# I bought a Vector Twin-Beam 3 million cp spotlight and i'm not impressed....



## arctictornado (Feb 23, 2006)

I bought a Vector Twin-Beam that has 3 million cp. I'm not impressed with it at all. In fact, the Vector 1 million cp that is only able to plug in to a 12 volt dc seems brighter. I paid $50 for the spot light at Lowe's. I'd like something a lot better and I'm willing to pay up to $100. The twin-beam is actually a little annoying. I'd like to have something with a concentrated beam. I was considering the Thor 15 million cp spot light for $80 but I have no clue what the difference will be. I've read other comments that cp isn't a good way to measure output and illumination so, in that, can ANYONE please give me a clue as what i'm looking for? all suggestions are welcomed.


----------



## Greens_Rules (Feb 23, 2006)

Check E-bay for the Thor 15
I just seen a few at $37 buy it now

Rob


----------



## CLHC (Feb 23, 2006)

Hello and Welcome to CPF!

Hope you find what you're looking for and Enjoy!


----------



## mdocod (Feb 23, 2006)

if you are comparing the "1mcp" when it is running off the car (with car running) to the "3mcp" off of it's internal batteries, then i wouldn't be suprised if you were a bit disapointed. the higher voltage in the car would make for a brighter whiter beam.


----------



## jim5 (Feb 23, 2006)

Costco (Fort Worth) still has plenty of the thors for $30.


----------



## arctictornado (Feb 23, 2006)

so i should go with the Thor 15?


----------



## mdocod (Feb 23, 2006)

I have a buddy with one of the twin-beam vectors... stock, compared to my thor when stock, the thor really wasn't ALL that much noticably brighter.. and to be honest, the vector was whiter than the thor, probably because the thor draws such incredable current it sags the voltage down more- not to mention, the bulb in the thor is really much better when driven at ~14V, under the load and the resistance in the stock wiring, high beam sags into the low 11V range, down into the 10V range with both filaments on (have to rewire the bulb to let you run both filaments, just swap ground with the terminal directly accross from it on the bulb)..

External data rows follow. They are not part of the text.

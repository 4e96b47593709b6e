-- ===== src/Scheduler/Responses/Waits.antt =====
-- pheromone/src/scheduler/scheduler_server.cpp: to schedule a call leaves the calls that wait for
-- objects alone.
use demeter.Prelude.{
  Option-cases, ◌>>=◌, Ensures, if-both, Ensures-bind_any, Ensures-map, length, get_elem?,
  or_default, lookup, Str, nat_eq, str_eq, ℕ, ◌%◌, ◌≡◌, inl, inr, Option, none, some, List, [],
}
use demeter.Trigger.ByTime.{TimePoint}
use demeter.Scheduler.{InflightFuncArgs, DelayFunctionCall, Scheduler, Env}
use demeter.Scheduler.Calls.{
  is_found, send_to_executer, choose_executor, dispatch_call, refuse_call, schedule_func_call,
}
use demeter.Scheduler.Calls.Outcomes.{Keeps, executors_for, arm_reruns-Keeps, refuse_call-Keeps}
use demeter.Scheduler.Arrival.{sized_args}
use demeter.Scheduler.Responses.{inflight_call, ready_call}

module _ {B D : Type 0} (env : Env B D) where
  abbrev pub SameWaits : Scheduler D → Scheduler D → Type 0
  SameWaits s s' = s'.waiting ≡ s.waiting

  dispatch_call-SameWaits :
      (now : TimePoint) (c : DelayFunctionCall D) (id : ℕ) (s : Scheduler D)
      → Ensures (SameWaits s) (dispatch_call env now c id s)
  unfolding dispatch_call
  dispatch_call-SameWaits now c id s =
      Ensures-bind_any (SameWaits s) (send_to_executer env id _ s.helper) _ (λ h.
        (arm_reruns-Keeps env (or_default [] (lookup c.func_name s.func_trigger_timeout_map)) now
          c.func_name c.session_id c.func_args c.arg_flag _).waits)

  chosen-SameWaits :
      (c : DelayFunctionCall D) (s : Scheduler D) (found : Option ℕ × List ℕ)
      → Ensures (SameWaits s) (
          choose_executor env c.func_name found s >>= λ r.
          dispatch_call env c.trigger_time c r.0 r.1)
  unfolding choose_executor
  chosen-SameWaits c s (some id, colds) = dispatch_call-SameWaits c.trigger_time c id _
  chosen-SameWaits c s (none, colds) =
      elim (Option-cases (get_elem? colds ((env.rand_r s.seed).0 % length colds))) [
        | inl outside ↦ rw outside tt
        | inr (id, found) ↦ rw found (dispatch_call-SameWaits c.trigger_time c id _)
      ]

  schedule_func_call-SameWaits :
      (c : DelayFunctionCall D) (s : Scheduler D)
      → Ensures (SameWaits s) (schedule_func_call env c s)
  unfolding schedule_func_call
  schedule_func_call-SameWaits c s =
      if-both (Ensures (SameWaits s)) (is_found (executors_for env s c))
        (choose_executor env c.func_name (executors_for env s c) s >>= λ r.
          dispatch_call env c.trigger_time c r.0 r.1)
        (refuse_call env c s) (chosen-SameWaits c s (executors_for env s c))
        (Ensures-map (Keeps s) (SameWaits s) (λ s' k. k.waits) _ (refuse_call-Keeps env c s))

  pub ready_call-SameWaits :
      (now : TimePoint) (app : Str) (args : InflightFuncArgs D) (s : Scheduler D)
      → Ensures (SameWaits s) (ready_call env now app args s)
  unfolding ready_call
  ready_call-SameWaits now app args s =
      schedule_func_call-SameWaits
        (inflight_call env now app args (sized_args s.key_len_map args.key_args).0)
        (record s { key_len_map = (sized_args s.key_len_map args.key_args).1 })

If you buy a thor and really want to be impressed- figure out some way to get the voltage up at the bulb, rewire it with heavier gage (that's what I did, gained almost a full volt at the bulb with both filaments on)... even better would be boost circuit of sorts (We have a member here, Newbie, who is working on a boost circuit, not sure when he will have them available)... 

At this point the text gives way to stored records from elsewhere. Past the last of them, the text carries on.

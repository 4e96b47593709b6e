-- ===== src/Scheduler/Responses/Resolve.antt =====
-- pheromone/src/scheduler/scheduler_server.cpp, the branch of a data response: the calls of a list
-- no longer await an object.
use demeter.Prelude.{
  if◌then◌else◌, nat_eqb_iff, Bool-cases, Option-cases, Ensures, Ensures-bind, Ensures-map,
  contains, remove, contains-remove, is_nil, or_default, lookup, lookup-insert, ◌==◌, Str,
  str_eqb_iff, nat_eq, str_eq, ℕ, ◌≡◌, refl, sym, ap, subst, ◌∙◌, inl, inr, true, false, ◌&&◌,
  Option, some, List, [], ◌∷◌, arith,
}
use demeter.Trigger.ByTime.{TimePoint}
use demeter.Scheduler.{InflightFuncArgs, Waiting, Scheduler, Env}
use demeter.Scheduler.Responses.{
  with_args, without_call, ready_call, resolve_args, resolve_call, resolve_calls,
}
use demeter.Scheduler.Responses.Waits.{SameWaits, ready_call-SameWaits}
use demeter.Scheduler.Responses.Index.{awaits, holds, awaits-without_call}

nil_of : {A : Type 0} (xs : List A) → is_nil xs ≡ true → xs ≡ []
nil_of [] h = refl
nil_of (x ∷ xs) h = absurd (ground (arith, h))

module _ {D : Type 0} where
  -- The index of the keys is as it was, and the calls of a list await the key no longer.
  pub record Resolved (key : Str) (cids : List ℕ) (w w' : Waiting D) : Type 0 where
    pub keys : w'.key_call_id_map ≡ w.key_call_id_map
    pub calls :
        (other : Str) (i : ℕ)
        → awaits w' other i ≡ (if key == other && contains cids i then false else awaits w other i)

  -- A call whose last object has arrived awaits nothing.
  awaits-last :
      (key : Str) (cid : ℕ) (args : InflightFuncArgs D) (w : Waiting D)
      → lookup cid w.call_id_inflight_args_map ≡ some args
      → remove key args.inflight_args ≡ []
      → (other : Str) → (key == other) ≡ false
      → awaits w other cid ≡ false
  unfolding awaits contains
  awaits-last key cid args w found last other differ = rw (found) (
      ground (
        arith,
        contains-remove key other args.inflight_args,
        ap (λ xs. contains xs other) last,
        differ,
      ))

  with_args-Resolved :
      (key : Str) (cid : ℕ) (args : InflightFuncArgs D) (w : Waiting D)
      → lookup cid w.call_id_inflight_args_map ≡ some args
      → Resolved key
          (cid ∷ [])
          w
          (with_args cid (record args { inflight_args = remove key args.inflight_args }) w)
  unfolding awaits contains
  with_args-Resolved key cid args w found = record {
    keys = refl;
    calls = λ other i. ground (
      arith,
      nat_eqb_iff cid i,
      str_eqb_iff key other,
      found,
      ap (λ o. holds o other) found,
      lookup-insert cid i (record args { inflight_args = remove key args.inflight_args })
          w.call_id_inflight_args_map,
      contains-remove key other args.inflight_args,
    );
  }

  -- Once it is scheduled, the call leaves the map.
  without_call-Resolved :
      (key : Str) (cid : ℕ) (args : InflightFuncArgs D) (w : Waiting D)
      → lookup cid w.call_id_inflight_args_map ≡ some args
      → remove key args.inflight_args ≡ []
      → Resolved key (cid ∷ []) w (
          without_call cid
            (with_args cid (record args { inflight_args = remove key args.inflight_args }) w))
  unfolding contains
  without_call-Resolved key cid args w found last = record {
    keys = refl;
    calls = λ other i. ground (
      arith,
      nat_eqb_iff cid i,
      str_eqb_iff key other,
      awaits-last key cid args w found last other,
      awaits-without_call cid
          (with_args cid (record args { inflight_args = remove key args.inflight_args }) w) other i,
      (with_args-Resolved key cid args w found).calls other i,
    );
  }

  abbrev Fine : Str → List ℕ → Waiting D → Option (Scheduler D) → Type 0
  Fine key cids w = Ensures (λ (s' : Scheduler D). Resolved key cids w s'.waiting)

  -- The call without the object, and the state that holds it.
  abbrev less : Str → InflightFuncArgs D → InflightFuncArgs D
  less key args = record args { inflight_args = remove key args.inflight_args }

  abbrev held : Str → ℕ → InflightFuncArgs D → Scheduler D → Scheduler D
  held key cid args s = record s { waiting = with_args cid (less key args) s.waiting }

  Resolved-cons :
      (key : Str) (cid : ℕ) (cids : List ℕ) (w w' w'' : Waiting D)
      → Resolved key (cid ∷ []) w w'
      → Resolved key cids w' w''
      → Resolved key (cid ∷ cids) w w''
  unfolding contains
  Resolved-cons key cid cids w w' w'' a b = record {
    keys = b.keys ∙ a.keys;
    calls = λ other i. ground (arith, a.calls other i, b.calls other i);
  }

module _ {B D : Type 0} (env : Env B D) where
  resolve_args-Resolved :
      (now : TimePoint) (key : Str) (cid : ℕ) (args : InflightFuncArgs D) (s : Scheduler D)
      → lookup cid s.waiting.call_id_inflight_args_map ≡ some args
      → Fine key (cid ∷ []) s.waiting (resolve_args env now key cid args s)
  unfolding resolve_args
  resolve_args-Resolved now key cid args s found =
      elim (Bool-cases (is_nil (remove key args.inflight_args))) [
        | inr more ↦ rw more (with_args-Resolved key cid args s.waiting found)
        | inl last ↦ rw last (
            Ensures-bind (SameWaits env (held key cid args s))
              (λ (s' : Scheduler D). Resolved key (cid ∷ []) s.waiting s'.waiting)
              (ready_call env now (or_default [] (lookup args.func_name s.func_app_map))
                (less key args) (held key cid args s))
              (λ (s' : Scheduler D). some (record s' { waiting = without_call cid s'.waiting }))
              (ready_call-SameWaits env now (or_default [] (lookup args.func_name s.func_app_map))
                (less key args) (held key cid args s))
              (λ s' unmoved.
                subst (λ w. Resolved key (cid ∷ []) s.waiting (without_call cid w)) (sym unmoved)
                  (without_call-Resolved key cid args s.waiting found
                    (nil_of (remove key args.inflight_args) last))))
      ]

  resolve_call-Resolved :
      (now : TimePoint) (key : Str) (cid : ℕ) (s : Scheduler D)
      → Fine key (cid ∷ []) s.waiting (resolve_call env now key cid s)
  unfolding resolve_call
  resolve_call-Resolved now key cid s =
      elim (Option-cases (lookup cid s.waiting.call_id_inflight_args_map)) [
        | inl missing ↦ rw missing tt
        | inr (args, found) ↦ rw found (resolve_args-Resolved now key cid args s found)
      ]

  pub resolve_calls-Resolved :
      (cids : List ℕ) (now : TimePoint) (key : Str) (s : Scheduler D)
      → Fine key cids s.waiting (resolve_calls env now key cids s)
  unfolding resolve_calls contains
  resolve_calls-Resolved [] now key s = record { keys = refl; calls = λ other i. ground arith }
  resolve_calls-Resolved (cid ∷ cids) now key s =
      Ensures-bind (λ (s' : Scheduler D). Resolved key (cid ∷ []) s.waiting s'.waiting)
        (λ (s' : Scheduler D). Resolved key (cid ∷ cids) s.waiting s'.waiting)
        (resolve_call env now key cid s) _ (resolve_call-Resolved now key cid s)
        (λ s' a.
          Ensures-map (λ (s'' : Scheduler D). Resolved key cids s'.waiting s''.waiting)
            (λ (s'' : Scheduler D). Resolved key (cid ∷ cids) s.waiting s''.waiting)
            (λ s'' b. Resolved-cons key cid cids s.waiting s'.waiting s''.waiting a b)
            (resolve_calls env now key cids s') (resolve_calls-Resolved cids now key s'))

if you could get up above 14V at the bulb, you would be at basically double the stock lumens, and much whiter.


----------



## That_Guy (Feb 24, 2006)

As I said in this thread the best halogen spotlight is the Lightforce SL240 Blitz which should be around $100.


----------



## 3rd_shift (Feb 24, 2006)

Manny, Moe and Jack (Pep Boys)
Has the 15 million Thor for $49 before tax under the Motor Trend label.

If it's not what you were hoping for, just take it back.
They also have the 10 million for $10 less.
Very concentrated beams either way compared to that Vector twin beam.
I have that one too.


----------



## arctictornado (Feb 24, 2006)

With the input, I think i'll just go ahead with the Thor 15. I'm a newb with spotlights and I need something powerful for the woods. The twin-beam, I believe just doesn't cut it. The twin-beams, if pointed in the sky, criss cross. The two lights criss-cross making an annoying light. It isn't very bright either so I think i'm going with the Thor and then i'll see if i can learn a thing or two about modding it.


----------



## CLHC (Feb 25, 2006)

I believe mtbkndad, RalphRussell, and markdi have modded their Thors. If you look within this section of the forum, you can find picture side-by-side comparison shots. It'll take some searching though.

Enjoy!


----------



## paulr (Feb 25, 2006)

These big spotlights (Thor etc) are pretty heavy to lug around in the woods. But if that doesn't bother you maybe you should check out the Harborfreight/Costco HID spotlight. Those are $129.95 and will make a very visible beam going quite far into the sky. But they take a while to warm up to full brightness and they are huge.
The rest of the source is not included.